This unfortunate exhortation is usually the prelude to an outbreak of financial and sexual chicanery which would have caused comment even in the declining years of Imperial Rome (although not perhaps today in the same city). But this is the current exciting cystic fibrosis (CF) rallying cry. The treatment of CF has traditionally been fire fighting—treat the downstream consequences of cystic fibrosis transmembrane regulator (CFTR) dysfunction, like infection, inflammation and mucus hypersecretion. In the more than 20 years since the discovery of the CF gene, a series of focused studies have led to profound discoveries of the basic biology of CFTR and therefore to specific designer therapies to correct the basic defect, discovered by high-throughput screening of thousands of compounds. G551D CFTR reaches the apical cell membrane but functions abnormally. The ‘potentiator’ VX-770 has been shown to have dramatic effects in CF patients with this rare mutation (about 5% of the population), for example, halving sweat chloride (see NEJM 2011;365:1663-72). The most common mutation, ΔF508, results in a protein which is largely destroyed in the endoplasmic reticulum. Clancy et al (Hot topic: see page 12) report on VX-809, a ‘corrector’ designed to allow the mutant protein to escape the endoplasmic reticulum and reach the cell surface. The medication was safe and there was a small, dose-dependent fall in sweat chloride, although an order of magnitude less than VX-770. Stuart Elborn reviews how translational science is changing the face of CF therapy in an accompanying editorial (see page 4). A note of caution—one of the lessons of the failure of denufosol, a CF medication for which there was an excellent theoretical basis for efficacy, is that we must not get too excited too soon about relatively small changes. However, CF is an area where treatments are being found in translation.

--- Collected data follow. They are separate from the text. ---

-- ===== src/Engine/Tests.antt =====
-- An engine with one handler, and two calls.
use ipc_portable.Common.{
  ℕ, ◌+◌, ◌≡◌, refl, true, false, Option, none, some, List, [], ◌∷◌, ◌++◌, arith, length, get_elem?,
  set, replicate, IsU32,
}
use ipc_portable.Stream.Bytes.{write_unsafe, store_loop}
use ipc_portable.RawString.{contents, of_string, convert_check_str_len, memcmp_eq}
use ipc_portable.RawString.Order.{text_eq}
use ipc_portable.Signature.{codes, params_string}
use ipc_portable.Packet.{pt_call, pt_return, pt_return_fail_call}
use ipc_portable.Call.Packets.{Creates, packet_layout}
use ipc_portable.Call.Receiving.{CallDataBuffer, receive_call_data_buffer}
use ipc_portable.Call.Values.{Value, bool_value, bool, value_layout}
use ipc_portable.Call.Invocation.{IsCall, arg_names, call_layout}
use ipc_portable.Call.Returning.{fail_layout}
use ipc_portable.Procs.{
  InvokeRemote, Callback, CallInfoImpl, CallData, signature_key, increment_call_count,
}
use ipc_portable.Procs.Table.{Entry, lookup, has_texts}
use ipc_portable.Procs.Objects.{IsProcs, handler, Denotes-signature_key}
use ipc_portable.Engine.{process_buffer}
use ipc_portable.Engine.Jobs.{Engine, called, wrote}
use ipc_portable.Engine.Serving.{process_buffer-answers}
use ipc_portable.Engine.Rejecting.{rejection, told, process_buffer-rejects}

abbrev pub zeros : ℕ → Option (List ℕ)
zeros n = some (replicate n 0)

abbrev pub one_arg : List Value
one_arg = bool_value true ∷ []

abbrev pub always_false : InvokeRemote
always_false = record {
  thread_id = 0;
  tag = 0;
  is_callable = true;
  return_type = codes "bool";
  params = bool ∷ [];
  run = λ _. some (bool_value false);
}

abbrev object : CallInfoImpl
object = record {
  invoke = some always_false;
  call_count = 4;
  name = codes "f";
  params_type = codes "bool;";
}

abbrev entry : Entry CallData
entry = record { key = signature_key object; value = record { call_info = 0; comment = [] } }

abbrev pub error_handler : Callback
error_handler = record { thread_id = 0; tag = 0; is_callable = true; delegate = 3 }

abbrev pub engine : Engine
engine = record {
  procs = record {
    heap = object ∷ [];
    procs = record {
      name_procs = entry ∷ [];
      on_call_count_changed = none;
      on_invalid_remote_call = some error_handler;
    };
  };
  transport = some zeros;
  inter_thread = false;
  result_thread = 0;
  effects = [];
}

pub engine-IsProcs : IsProcs engine.procs
engine-IsProcs = (
  ((codes "f", codes "bool;", Denotes-signature_key object (omega arith) (omega arith), tt), tt),
  ((object, refl, refl, omega arith, omega arith), tt),
)

pub f-IsCall : IsCall (codes "f") (codes "bool") true one_arg
unfolding write_unsafe store_loop params_string
f-IsCall = record {
  name_size = omega arith;
  return_size = omega arith;
  params_size = omega arith;
  values = (tt, tt);
  packet_size = omega arith;
}

pub f_has_handler :
    handler (codes "f") (params_string (arg_names one_arg)) engine.procs ≡ some always_false
unfolding handler lookup has_texts contents of_string convert_check_str_len text_eq memcmp_eq
    params_string
f_has_handler = refl

process_buffer-answers_example :
    (buffer : CallDataBuffer) × (e' : Engine) × (ref : ℕ) × (c : CallInfoImpl)
    × (receive_call_data_buffer
          (packet_layout pt_call 7 (call_layout (codes "f") true (codes "bool") one_arg))
        ≡ some buffer)
    × (process_buffer buffer engine ≡ some (none, e'))
    × (e'.effects
        ≡ called always_false one_arg
          ∷ (wrote (packet_layout pt_return 7 (value_layout (bool_value false))) ∷ []))
    × (get_elem? engine.procs.heap ref ≡ some c)
    × (e'.procs ≡ record engine.procs { heap = set engine.procs.heap ref (increment_call_count c) })
process_buffer-answers_example =
    process_buffer-answers (codes "f") (codes "bool") one_arg always_false (bool_value false) 7
      zeros engine f-IsCall (omega arith) (omega arith) engine-IsProcs f_has_handler refl refl refl
      tt (omega arith) (_, refl, refl) refl refl refl

pub g-IsCall : IsCall (codes "g") (codes "bool") true one_arg
unfolding write_unsafe store_loop params_string
g-IsCall = record {
  name_size = omega arith;
  return_size = omega arith;
  params_size = omega arith;
  values = (tt, tt);
  packet_size = omega arith;
}

pub g_is_unknown :
    lookup (codes "g") (params_string (arg_names one_arg)) engine.procs.procs.name_procs ≡ none
unfolding lookup has_texts contents of_string convert_check_str_len text_eq memcmp_eq params_string
g_is_unknown = refl

pub rejection-small : IsU32 (
    12
    + length
        (fail_layout (rejection (codes "g") (codes "bool") (params_string (arg_names one_arg)))))
unfolding write_unsafe store_loop params_string
rejection-small = omega arith

pub rejection-Creates : Creates zeros (
    12
    + length
        (fail_layout (rejection (codes "g") (codes "bool") (params_string (arg_names one_arg)))))
unfolding write_unsafe store_loop params_string
rejection-Creates = (_, refl, refl)

process_buffer-rejects_example :
    (buffer : CallDataBuffer) × (e' : Engine) × (receive_call_data_buffer
        (packet_layout pt_call 7 (call_layout (codes "g") true (codes "bool") one_arg))
      ≡ some buffer)
    × (process_buffer buffer engine ≡ some (none, e'))
    × (e'.effects
        ≡ told
            (some error_handler)
            (rejection (codes "g") (codes "bool") (params_string (arg_names one_arg)))
          ++ (wrote (
                packet_layout pt_return_fail_call 7 (
                  fail_layout
                    (rejection (codes "g") (codes "bool") (params_string (arg_names one_arg)))))
              ∷ []))
    × (e'.procs ≡ engine.procs)
process_buffer-rejects_example =
    process_buffer-rejects (codes "g") (codes "bool") one_arg 7 zeros engine g-IsCall (omega arith)
      (omega arith) engine-IsProcs g_is_unknown rejection-small rejection-Creates refl refl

FEV1 and the chest physician
Chest physicians are as attached to FEV1 as diabetologists are to HbA1c. However, as diabetologists have learnt with HbA1c, we should be cautious about extrapolating changes in FEV1 to long-term benefit as very different mechanisms could be responsible for the change. The FACET study (see NEJM 1997;337:1405-11) showed that the large improvement in FEV1 seen after addition of formoterol to low-dose inhaled budesonide was associated with a small reduction in the risk of subsequent asthma attacks. The opposite was seen with a fourfold increased dose of budesonide. Two opinion pieces in this issue of Thorax highlight other issues with FEV1. Dirkje Postma and colleagues (see page 88) argue convincingly that demonstration of irreversible airflow obstruction is hopelessly inadequate for disease diagnosis. We must insist on more than this. How much more informative is ‘this patient has symptoms as a result of fixed airflow obstruction associated with a 20 pack year smoking history and eosinophilic, potentially steroid responsive airway inflammation’ compared with ‘this patient has COPD’? Guy Marks (see page 85) argues that a low FEV1 and FEV1/FVC should be viewed as a risk factor along with other variables, and used to predict the likelihood of future clinically significant and potentially preventable events such as the onset of symptoms and the development of lung attacks. Both opinions raise the vexed question of definitions of abnormality, an argument that will never be resolved to the satisfaction of all. IP, for one, would be quite happy with a diagnosis of ‘irreversible airflow obstruction associated with ageing’. AB is in denial about ageing.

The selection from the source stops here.